Currently, the mechanism leading to sequential activation of neighbouring sites is not known (see also Sporbert et al., 2002). A study investigating activity and replication timing of yeast origins suggested that `neighbouring, secondary origins can be activated only after the incoming replication forks initiated from the earlier origins reaches close to the former origins' (Yamashita et al., 1997). Furthermore, a study addressing replication of the IgH locus of murine erythroleukemia cells showed that a single replication fork was responsible for the replication of about 400 kb from this locus (Ermakova et al., 1999). This fork starts at a cluster of early-firing origins and ends at a cluster of late-firing origins. It is tempting to speculate that the incoming fork triggers activation of the late-firing origins. Based on the results and ideas outlined above we developed the model shown in Fig. 10b. In this model, the DNA remains stationary, organized into sub-chromosomal foci, whereas the replication machinery is dynamic (see also Calvi and Spradling, 2001). An incoming replication fork from an earlier replicating focus triggers activation of a later replicating neighbouring focus. Within a focus, DNA is possibly organized into loops, with the origins clustered at a central structure, which may correspond to the nuclear matrix (see also Berezney et al., 1995a; Münkel et al., 1999). Clustering of DNA loops at a central structure might help to trigger the spatial organization of foci within the nucleus.
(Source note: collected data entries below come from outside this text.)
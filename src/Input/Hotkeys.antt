-- ===== src/Input/Hotkeys.antt =====
-- platform/windows/host.go and input_signature.go: hotkeys as text, and the signatures made of them.
-- The functions of the package `strings` are arguments: `to_upper`, `split` at "+", `trim`, and
-- `sig_part`, what `TrimPrefix` leaves of a text with the prefix "sig:".
pub mod Legacy
use Prim.Native.Nat.{bit_or}
use clip_queue.Prelude.{
  ℕ, Bool, true, false, ◌||◌, String, List, [], ◌∷◌, ◌++◌, Option, none, some, if◌then◌else◌, ◌==◌,
  str_eq,
}
use clip_queue.Input.Signature.{
  InputSignature, ReadResult, read_ok, read_err, source_keyboard, mod_ctrl, mod_alt, mod_shift,
  mod_win, uint16_bytes, new_input_signature, signature_from_base64,
}

-- `keyMap`
abbrev pub key_map : List (String × ℕ)
key_map =
    ("A", 0x41)
    ∷ ("B", 0x42)
    ∷ ("C", 0x43)
    ∷ ("D", 0x44)
    ∷ ("E", 0x45)
    ∷ ("F", 0x46)
    ∷ ("G", 0x47)
    ∷ ("H", 0x48)
    ∷ ("I", 0x49)
    ∷ ("J", 0x4A)
    ∷ ("K", 0x4B)
    ∷ ("L", 0x4C)
    ∷ ("M", 0x4D)
    ∷ ("N", 0x4E)
    ∷ ("O", 0x4F)
    ∷ ("P", 0x50)
    ∷ ("Q", 0x51)
    ∷ ("R", 0x52)
    ∷ ("S", 0x53)
    ∷ ("T", 0x54)
    ∷ ("U", 0x55)
    ∷ ("V", 0x56)
    ∷ ("W", 0x57)
    ∷ ("X", 0x58)
    ∷ ("Y", 0x59)
    ∷ ("Z", 0x5A)
    ∷ ("0", 0x30)
    ∷ ("1", 0x31)
    ∷ ("2", 0x32)
    ∷ ("3", 0x33)
    ∷ ("4", 0x34)
    ∷ ("5", 0x35)
    ∷ ("6", 0x36)
    ∷ ("7", 0x37)
    ∷ ("8", 0x38)
    ∷ ("9", 0x39)
    ∷ ("F1", 0x70)
    ∷ ("F2", 0x71)
    ∷ ("F3", 0x72)
    ∷ ("F4", 0x73)
    ∷ ("F5", 0x74)
    ∷ ("F6", 0x75)
    ∷ ("F7", 0x76)
    ∷ ("F8", 0x77)
    ∷ ("F9", 0x78)
    ∷ ("F10", 0x79)
    ∷ ("F11", 0x7A)
    ∷ ("F12", 0x7B)
    ∷ ("VOLUMEMUTE", 0xAD)
    ∷ ("VOLUMEDOWN", 0xAE)
    ∷ ("VOLUMEUP", 0xAF)
    ∷ ("MEDIANEXTTRACK", 0xB0)
    ∷ ("MEDIAPREVTRACK", 0xB1)
    ∷ ("MEDIASTOP", 0xB2)
    ∷ ("MEDIAPLAYPAUSE", 0xB3)
    ∷ ("LAUNCHMAIL", 0xB4)
    ∷ ("LAUNCHMEDIASELECT", 0xB5)
    ∷ ("LAUNCHAPP1", 0xB6)
    ∷ ("LAUNCHAPP2", 0xB7)
    ∷ ("AUDIOVOLUMEMUTE", 0xAD)
    ∷ ("AUDIOVOLUMEDOWN", 0xAE)
    ∷ ("AUDIOVOLUMEUP", 0xAF)
    ∷ ("GRAVE", 0xC0)
    ∷ ("TILDE", 0xC0)
    ∷ []

-- `code, ok := keyMap[part]`
unfoldable pub key_code : String → List (String × ℕ) → Option ℕ
key_code name [] = none
key_code name ((key, code) ∷ keys) = if str_eq key name then some code else key_code name keys

-- The modifier that a part names.
unfoldable pub modifier_of : String → Option ℕ
modifier_of part =
    if str_eq part "CTRL" || str_eq part "CONTROL"
    then some mod_ctrl
    else if str_eq part "ALT"
    then some mod_alt
    else if str_eq part "SHIFT"
    then some mod_shift
    else if str_eq part "WIN"
    then some mod_win
    else none

-- One turn of the loop, on `mods` and `vk`.
unfoldable pub read_part : String → ℕ × ℕ → ℕ × ℕ
unfolding modifier_of key_code
read_part part (mods, vk) = elim (modifier_of part) [
  | some flag ↦ (bit_or mods flag, vk)
  | none ↦ elim (key_code part key_map) [ none ↦ (mods, vk) | some code ↦ (mods, code) ]
]

unfoldable pub read_parts : (String → String) → List String → ℕ × ℕ → ℕ × ℕ
unfolding read_part
read_parts trim [] found = found
read_parts trim (part ∷ parts) found = read_parts trim parts (read_part (trim part) found)

-- The ten bytes of `rawData`.
unfoldable pub legacy_raw_data : ℕ → List ℕ
unfolding uint16_bytes
legacy_raw_data vk = uint16_bytes vk ++ (0 ∷ 0 ∷ 0 ∷ 0 ∷ 0 ∷ 0 ∷ 0 ∷ 0 ∷ [])

-- `return sig` or `return nil`
unfoldable pub read_signature : ReadResult → Option InputSignature
read_signature (read_ok sig) = some sig
read_signature (read_err e) = none

module _ (fnv : List ℕ → ℕ) where
  -- The end of `parseHotkeyToSignature`.
  unfoldable pub legacy_signature : ℕ × ℕ → Option InputSignature
  unfolding legacy_raw_data new_input_signature
  legacy_signature (mods, vk) =
      if vk == 0
      then none
      else some (new_input_signature fnv source_keyboard (legacy_raw_data vk) mods)

  module _ (encode : List ℕ → String) (decode : String → Option (List ℕ))
      (to_upper : String → String) (split : String → List String) (trim : String → String)
      (sig_part : String → Option String) where
    unfoldable pub parse_hotkey_to_signature : String → Option InputSignature
    unfolding read_signature legacy_signature read_parts
    parse_hotkey_to_signature hotkey = elim (sig_part hotkey) [
      | some encoded ↦ read_signature (signature_from_base64 fnv encode decode encoded)
      | none ↦ legacy_signature (read_parts trim (split (to_upper hotkey)) (0, 0))
    ]
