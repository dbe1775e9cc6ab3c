-- ===== src/Config/Hotkeys.antt =====
-- internal/config/config.go: the signatures that the configuration makes of hotkeys, and the checks
-- of a loaded configuration. The functions of the standard library are arguments, as for the host.
pub mod Valid
use Prim.Native.Nat.{bit_or}
use clip_queue.Prelude.{
  ℕ, ◌+◌, ◌%◌, Bool, true, false, not, ◌&&◌, ◌||◌, String, List, [], ◌∷◌, ◌++◌, Option, none, some,
  if◌then◌else◌, ◌==◌, str_eq,
}
use clip_queue.Config.Types.{Config, HotkeysConfig, Macro}
use clip_queue.Input.Signature.{uint16_bytes}
use clip_queue.Input.Hotkeys.{key_map, key_code}

-- The constants as the `const` block defines them: `SourceKeyboard` is `iota` in its fifth line.
abbrev pub mod_alt : ℕ
mod_alt = 1

abbrev pub mod_control : ℕ
mod_control = 2

abbrev pub mod_shift : ℕ
mod_shift = 4

abbrev pub mod_win : ℕ
mod_win = 8

abbrev pub source_keyboard : ℕ
source_keyboard = 4

pub data HotkeyResult : Type 0 where
  found : ℕ → ℕ → HotkeyResult
  unknown_key : String → HotkeyResult
  no_key : HotkeyResult

unfoldable pub modifier_of : String → Option ℕ
modifier_of part =
    if str_eq part "CTRL" || str_eq part "CONTROL"
    then some mod_control
    else if str_eq part "ALT"
    then some mod_alt
    else if str_eq part "SHIFT"
    then some mod_shift
    else if str_eq part "WIN"
    then some mod_win
    else none

-- The loop on `modifiers` and `vk`; `vk` is `none` while `foundKey` is false.
unfoldable pub parse_parts : (String → String) → List String → ℕ → Option ℕ → HotkeyResult
unfolding modifier_of key_code
parse_parts trim [] modifiers none = no_key
parse_parts trim [] modifiers (some vk) = found modifiers vk
parse_parts trim (part ∷ parts) modifiers vk = elim (modifier_of (trim part)) [
  | some flag ↦ parse_parts trim parts (bit_or modifiers flag) vk
  | none ↦ elim (key_code (trim part) key_map) [
    | none ↦ unknown_key (trim part)
    | some code ↦ parse_parts trim parts modifiers (some code)
  ]
]

module _ (to_upper : String → String) (split : String → List String) (trim : String → String) where
  -- `parseHotkey`
  unfoldable pub parse_hotkey : String → HotkeyResult
  unfolding parse_parts
  parse_hotkey hotkey = parse_parts trim (split (to_upper hotkey)) 0 none

  -- The bytes that are written to `buf`.
  unfoldable pub signature_bytes : ℕ → ℕ → List ℕ
  unfolding uint16_bytes
  signature_bytes modifiers vk =
      1 ∷ source_keyboard ∷ modifiers % 256 ∷ (uint16_bytes 2 ++ uint16_bytes vk)

  unfoldable pub encode_hotkey : (List ℕ → String) → HotkeyResult → Option String
  unfolding signature_bytes
  encode_hotkey encode (found modifiers vk) = some (encode (signature_bytes modifiers vk))
  encode_hotkey encode (unknown_key part) = none
  encode_hotkey encode no_key = none

  -- `generateSignatureFromHotkey`; `none` is an error. The sum that it computes is not used.
  unfoldable pub generate_signature_from_hotkey : (List ℕ → String) → String → Option String
  unfolding encode_hotkey
  generate_signature_from_hotkey encode hotkey = encode_hotkey encode (parse_hotkey hotkey)

-- The modes of `validModes`.
unfoldable pub valid_mode : String → Bool
valid_mode mode =
    str_eq mode "type" || str_eq mode "paste" || str_eq mode "type_hw" || str_eq mode "sequence"

pub data MacroError : Type 0 where
  empty_hotkey empty_signature invalid_signature invalid_sequence invalid_mode : ℕ → MacroError

-- `is_base64` says whether `DecodeString` takes the text; `trim_sig` removes a prefix "sig:".
module _ (is_base64 : String → Bool) (trim_sig : String → String) where
  -- The body of the loop of `validateConfig`.
  unfoldable pub validate_macro : ℕ → Macro → Option MacroError
  unfolding valid_mode
  validate_macro i macro =
      if str_eq macro.hotkey ""
      then some (empty_hotkey i)
      else if str_eq macro.signature ""
      then some (empty_signature i)
      else if not (is_base64 (trim_sig macro.signature))
      then some (invalid_signature i)
      else if not (str_eq macro.sequence "") && not (is_base64 macro.sequence)
      then some (invalid_sequence i)
      else if not (valid_mode macro.mode)
      then some (invalid_mode i)
      else none

  unfoldable pub validate_macros : ℕ → List Macro → Option MacroError
  validate_macros i [] = none
  validate_macros i (macro ∷ macros) = elim (validate_macro i macro) [
    | some e ↦ some e
    | none ↦ validate_macros (i + 1) macros
  ]

  -- `validateConfig`
  unfoldable pub validate_config : Config → Option MacroError
  unfolding validate_macros
  validate_config cfg = validate_macros 0 cfg.macros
Assembly of origins belonging to a focus at a central point might help to trigger their synchronous activation by an incoming fork. According to this model, only neighbouring foci from the same chromosome should be sequentially activated. This prediction can be tested by combining replicational pulse-labelling with in-situ hybridization experiments.
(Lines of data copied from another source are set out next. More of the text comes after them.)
-- ===== src/Tests/Clipping.antt =====
-- The theorems on platform/windows/clipboard.go, applied to a small picture, texts and answers.
use clip_queue.Prelude.{
  ℕ, ◌/◌, ◌^◌, ◌≡◌, ◌⊎◌, refl, true, false, String, List, [], ◌∷◌, ◌-◌, Option, none, some, arith,
  length, ◌==◌, pos,
}
use clip_queue.Clipboard.Content.{Content, text, zero_content}
use clip_queue.Clipboard.Dib.{Pixel, Header, image_to_dib, row_size, read_header}
use clip_queue.Clipboard.Dib.Decode.{
  decoded, decode_dib, decode_checked, decode_pixels, int32, abs32, pixel_offset, is_supported,
  too_short, is_huge, read_image, is_negative,
}
use clip_queue.Clipboard.Dib.Shape.{IsPixel}
use clip_queue.Clipboard.Dib.Back.{decode_dib-image_to_dib}
use clip_queue.Clipboard.Dib.Inside.{Sized, decode_dib-Sized}
use clip_queue.Clipboard.Access.{Windows, os_error, at_rest, follow, follow_all}
use clip_queue.Clipboard.Access.Opening.{open_with_retry}
use clip_queue.Clipboard.Access.Write.{
  write, unit_bytes, place_prepared, prepare, fill, place, fill_clipboard, set_clipboard_data,
  format_of,
}
use clip_queue.Clipboard.Access.Owned.{Written, write-Written}
use clip_queue.Clipboard.Access.Read.{Library, read_clipboard, read_unicode_text, found}
use clip_queue.Clipboard.Access.Closed.{kind_of, read_clipboard-Closed}
use clip_queue.Clipboard.Access.Back.{read_unicode_text-unit_bytes}

abbrev red : Pixel
red = record { r = 255; g = 0; b = 0; a = 255 }

abbrev blue : Pixel
blue = record { r = 0; g = 0; b = 255; a = 128 }

abbrev two_rows : List (List Pixel)
two_rows = (red ∷ blue ∷ []) ∷ (blue ∷ red ∷ []) ∷ []

red-IsPixel : IsPixel red
red-IsPixel = record {
  r_byte = omega arith;
  g_byte = omega arith;
  b_byte = omega arith;
  a_byte = omega arith;
}

blue-IsPixel : IsPixel blue
blue-IsPixel = record {
  r_byte = omega arith;
  g_byte = omega arith;
  b_byte = omega arith;
  a_byte = omega arith;
}

decode_dib-image_to_dib_example :
    (dib_data : List ℕ) × (image_to_dib 2 two_rows ≡ some dib_data)
    × (decode_dib dib_data ≡ decoded (record { width = 2; height = pos 2; rows = two_rows }))
decode_dib-image_to_dib_example =
    decode_dib-image_to_dib 2 two_rows (omega arith) (omega arith) (omega arith)
      ((refl, (red-IsPixel, (blue-IsPixel, tt))), ((refl, (blue-IsPixel, (red-IsPixel, tt))), tt))

-- A header of 24 bits for a picture of one pixel from the top, and the bytes of its row.
abbrev one_pixel : List ℕ
one_pixel =
    40 ∷ 0 ∷ 0 ∷ 0 ∷ 1 ∷ 0 ∷ 0 ∷ 0 ∷ 255 ∷ 255 ∷ 255 ∷ 255 ∷ 1 ∷ 0 ∷ 24 ∷ 0 ∷ 0 ∷ 0 ∷ 0 ∷ 0 ∷ 4 ∷ 0
    ∷ 0 ∷ 0 ∷ 0 ∷ 0 ∷ 0 ∷ 0 ∷ 0 ∷ 0 ∷ 0 ∷ 0 ∷ 0 ∷ 0 ∷ 0 ∷ 0 ∷ 0 ∷ 0 ∷ 0 ∷ 0 ∷ 7 ∷ 8 ∷ 9 ∷ 0 ∷ []

abbrev one_header : Header
one_header = record {
  bi_size = 40;
  bi_width = 1;
  bi_height = 2 ^ 32 - 1;
  bi_planes = 1;
  bi_bit_count = 24;
  bi_compression = 0;
  bi_size_image = 4;
  bi_x_pels = 0;
  bi_y_pels = 0;
  bi_clr_used = 0;
  bi_clr_important = 0;
}

one_header_read : read_header one_pixel ≡ one_header
unfolding read_header
one_header_read = refl

one_wide : int32 one_header.bi_width ≡ pos 1
unfolding int32
one_wide = refl

one_high : abs32 (int32 one_header.bi_height) ≡ pos 1
unfolding int32 abs32
one_high = refl

one_offset : pixel_offset one_header ≡ 40
unfolding pixel_offset
one_offset = refl

one_row : row_size 1 (24 / 8) ≡ 4
unfolding row_size
one_row = refl

decode_dib-Sized_example : Sized 1 1 (decode_dib one_pixel)
decode_dib-Sized_example =
    decode_dib-Sized one_pixel one_header 1 1 one_header_read one_wide one_high
      (omega (arith, one_offset, one_row)) (omega arith)

one_decoded :
    decode_dib one_pixel
    ≡ decoded (record {
      width = 1;
      height = pos 1;
      rows = (record { r = 9; g = 8; b = 7; a = 255 } ∷ []) ∷ [];
    })
unfolding decode_dib decode_checked decode_pixels int32 read_header is_supported too_short abs32
    pixel_offset row_size is_huge read_image is_negative
one_decoded = refl

-- Windows with one block of memory, which holds "A" and a zero, and a clipboard with a text that
-- opens at the second try.
abbrev desktop : Windows
desktop = record {
  owner = 1;
  opens = λ i. i == 1;
  empties = true;
  allocates = λ n. 5;
  locks = λ h. true;
  sets = λ f h. true;
  sequence = 3;
  last_error = 0;
  has_format = λ f. f == 13;
  clipboard_data = λ f. 5;
  global_size = λ h. 4;
  memory = λ h. 65 ∷ 0 ∷ 0 ∷ 0 ∷ [];
  drag_count = λ h. 0;
  path_length = λ h i. 0;
  path_copied = λ h i. 0;
  path_text = λ h i. "";
}

abbrev utf16 : String → Option (List ℕ)
utf16 s = some (65 ∷ 0 ∷ [])

abbrev png_decode : List ℕ → Option (ℕ × List (List Pixel))
png_decode bytes = none

abbrev letter : Content
letter = record zero_content { kind = text; text = "A" }

abbrev old_board : List (ℕ × List ℕ)
old_board = (1, 66 ∷ 0 ∷ []) ∷ []

write-Written_example :
    Written utf16 png_decode text letter old_board (write desktop utf16 png_decode letter)
write-Written_example = write-Written utf16 png_decode desktop old_board letter

-- The letter is on the clipboard after it.
letter_written :
    follow_all (write desktop utf16 png_decode letter).0 (at_rest old_board)
    ≡ some (at_rest ((13, 65 ∷ 0 ∷ 0 ∷ 0 ∷ []) ∷ []))
unfolding write follow_all place_prepared prepare fill follow at_rest unit_bytes place
    open_with_retry fill_clipboard set_clipboard_data format_of
letter_written = refl

abbrev library : Library
library = record {
  utf16_to_string = λ units. "A";
  clean_text = λ s. s;
  runes = λ s. 65 ∷ [];
  of_runes = λ rs. "A";
  png_encode = λ p. none;
  png_config = λ bytes. none;
  size_text = λ w h. "";
}

read_clipboard-Closed_example :
    let r = read_clipboard desktop library true "1" 7 in
    (follow_all r.0 (at_rest old_board) ≡ some (at_rest old_board))
    × ((((open_with_retry desktop.opens).1 ≡ true) × (r.1.0.kind ≡ kind_of desktop old_board))
        ⊎ (((open_with_retry desktop.opens).1 ≡ false) × (r.1.1 ≡ some (os_error 0))))
read_clipboard-Closed_example = read_clipboard-Closed desktop old_board library true "1" 7

letter_bytes : 65 ∷ 0 ∷ 0 ∷ 0 ∷ [] ≡ unit_bytes (65 ∷ 0 ∷ [])
unfolding unit_bytes
letter_bytes = refl

letter_size : 4 ≡ length (unit_bytes (65 ∷ 0 ∷ []))
unfolding unit_bytes
letter_size = refl

read_unicode_text-unit_bytes_example :
    (read_unicode_text desktop library.utf16_to_string).1
    ≡ found (library.utf16_to_string (65 ∷ []))
read_unicode_text-unit_bytes_example =
    read_unicode_text-unit_bytes desktop library.utf16_to_string (65 ∷ [])
      ((omega arith, omega arith), tt) refl refl letter_bytes letter_size
      (omega (arith, letter_size))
Our results are in agreement with previous studies indicating a close relationship between the nuclear positioning of chromosomal loci and the coordination of S-phase events (Dimitrova and Gilbert, 1999; Gilbert, 2001; Heun et al., 2001). Currently it is unresolved whether the nuclear positioning of chromosomal loci determines their replication timing, or whether chromosomal units with a defined replication timing adopt specific nuclear positions. In order to unravel this problem, it will be important to find out what determines the nuclear positioning of chromosomal loci.
We would like to thank the reviewers for their helpful comments. This work was supported by a grant from the `Deutsche Forschungsgemeinschaft' to M.C.C. (Ca 198/1-2) and D.Z. (Zi 560/3-2).